--- ENTRIES SUPPLIED Enclosed Below ---

-- ===== src/Api.antt =====
-- The data of the gateway's API: pkg/apis/cluster/v1alpha1/clustergateway_types.go, the proxy
-- configuration of clustergateway_proxy_configuration.go, and the objects of the hub that it reads.
use cluster_gateway.Base.{ℕ, String, Bool, Option, none, some, List, str_eq}
use cluster_gateway.Base.Maps.{Map}

-- `[]byte`: nil, or a content
abbrev pub Bytes : Type 0
Bytes = Option String

-- `string(b)`; `len(b) == 0` is that it is empty
abbrev pub text : Bytes → String
text none = ""
text (some s) = s

abbrev pub is_blank : String → Bool
is_blank s = str_eq s ""

-- `m[k]` of a map of bytes
abbrev pub value : Option Bytes → Bytes
value none = none
value (some b) = b

-- `m[k]` of a map of texts
abbrev pub label : Option String → String
label none = ""
label (some s) = s

pub data ExchangeType : Type 0 where
  privileged static_mapping external : ExchangeType
  other_type : String → ExchangeType

pub record IdentityExchangerTarget : Type 0 where
  pub user : String
  pub groups : List String
  pub uid : String

pub record IdentityExchangerSource : Type 0 where
  pub user : Option String
  pub group : Option String
  pub uid : Option String
  pub cluster : Option String
  pub user_pattern : Option String
  pub group_pattern : Option String
  pub cluster_pattern : Option String

pub record ClientIdentityExchangeRule : Type 0 where
  pub name : String
  pub type : ExchangeType
  pub source : Option IdentityExchangerSource
  pub target : Option IdentityExchangerTarget

-- `Spec.Rules` of a ClusterGatewayProxyConfiguration
pub record ProxyConfiguration : Type 0 where
  pub rules : List ClientIdentityExchangeRule

pub record X509 : Type 0 where
  pub certificate : Bytes
  pub private_key : Bytes

pub record ClusterAccessCredential : Type 0 where
  pub type : String
  pub service_account_token : String
  pub x509 : Option X509

pub record ClusterEndpointConst : Type 0 where
  pub address : String
  pub ca_bundle : Bytes
  pub insecure : Option Bool
  pub proxy_url : Option String

pub record ClusterEndpoint : Type 0 where
  pub type : String
  pub const : Option ClusterEndpointConst

pub record ClusterAccess : Type 0 where
  pub endpoint : Option ClusterEndpoint
  pub credential : Option ClusterAccessCredential

pub record ClusterGatewaySpec : Type 0 where
  pub provider : String
  pub access : ClusterAccess
  pub proxy_config : Option ProxyConfiguration

pub record ClusterGatewayStatus : Type 0 where
  pub healthy : Bool
  pub healthy_reason : String

pub record ClusterGateway : Type 0 where
  pub name : String
  pub creation_timestamp : ℕ
  pub spec : ClusterGatewaySpec
  pub status : ClusterGatewayStatus

-- An owner, without the version of its API.
pub record OwnerReference : Type 0 where
  pub api_version : String
  pub kind : String
  pub uid : String
  pub name : String

-- A core/v1 Secret, as far as the program reads and writes it.
pub record Secret : Type 0 where
  pub namespace : String
  pub name : String
  pub creation_timestamp : ℕ
  pub labels : Map String
  pub annotations : Map String
  pub owner_references : List OwnerReference
  pub contents : Map Bytes

pub record ClientConfig : Type 0 where
  pub url : String
  pub ca_bundle : Bytes

-- A ManagedCluster of Open Cluster Management, as far as the program reads it.
pub record ManagedCluster : Type 0 where
  pub name : String
  pub creation_timestamp : ℕ
  pub labels : Map String
  pub annotations : Map String
  pub client_configs : List ClientConfig
  pub hub_accepts_client : Bool

-- pkg/apis/cluster/v1alpha1/clustergateway_types.go: the discriminators
abbrev pub type_const : String
type_const = "Const"

abbrev pub type_cluster_proxy : String
type_cluster_proxy = "ClusterProxy"

abbrev pub type_token : String
type_token = "ServiceAccountToken"

abbrev pub type_x509 : String
type_x509 = "X509Certificate"

abbrev pub type_dynamic : String
type_dynamic = "Dynamic"

-- pkg/config/meta.go and pkg/common/constants.go
abbrev pub api_group : String
api_group = "cluster.core.oam.dev"

abbrev pub api_version : String
api_version = "v1alpha1"

abbrev pub addon_name : String
addon_name = "cluster-gateway"

abbrev pub label_credential_type : String
label_credential_type = "cluster.core.oam.dev/cluster-credential-type"

abbrev pub label_endpoint_type : String
label_endpoint_type = "cluster.core.oam.dev/cluster-endpoint-type"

--- End of Enclosed ENTRIES SUPPLIED ---

● TASK ITEM: Your reply must be one number, namely the count of lines above that hold the string "ClusterGatewayStatus".

● EXERCISE OUTPUT: 2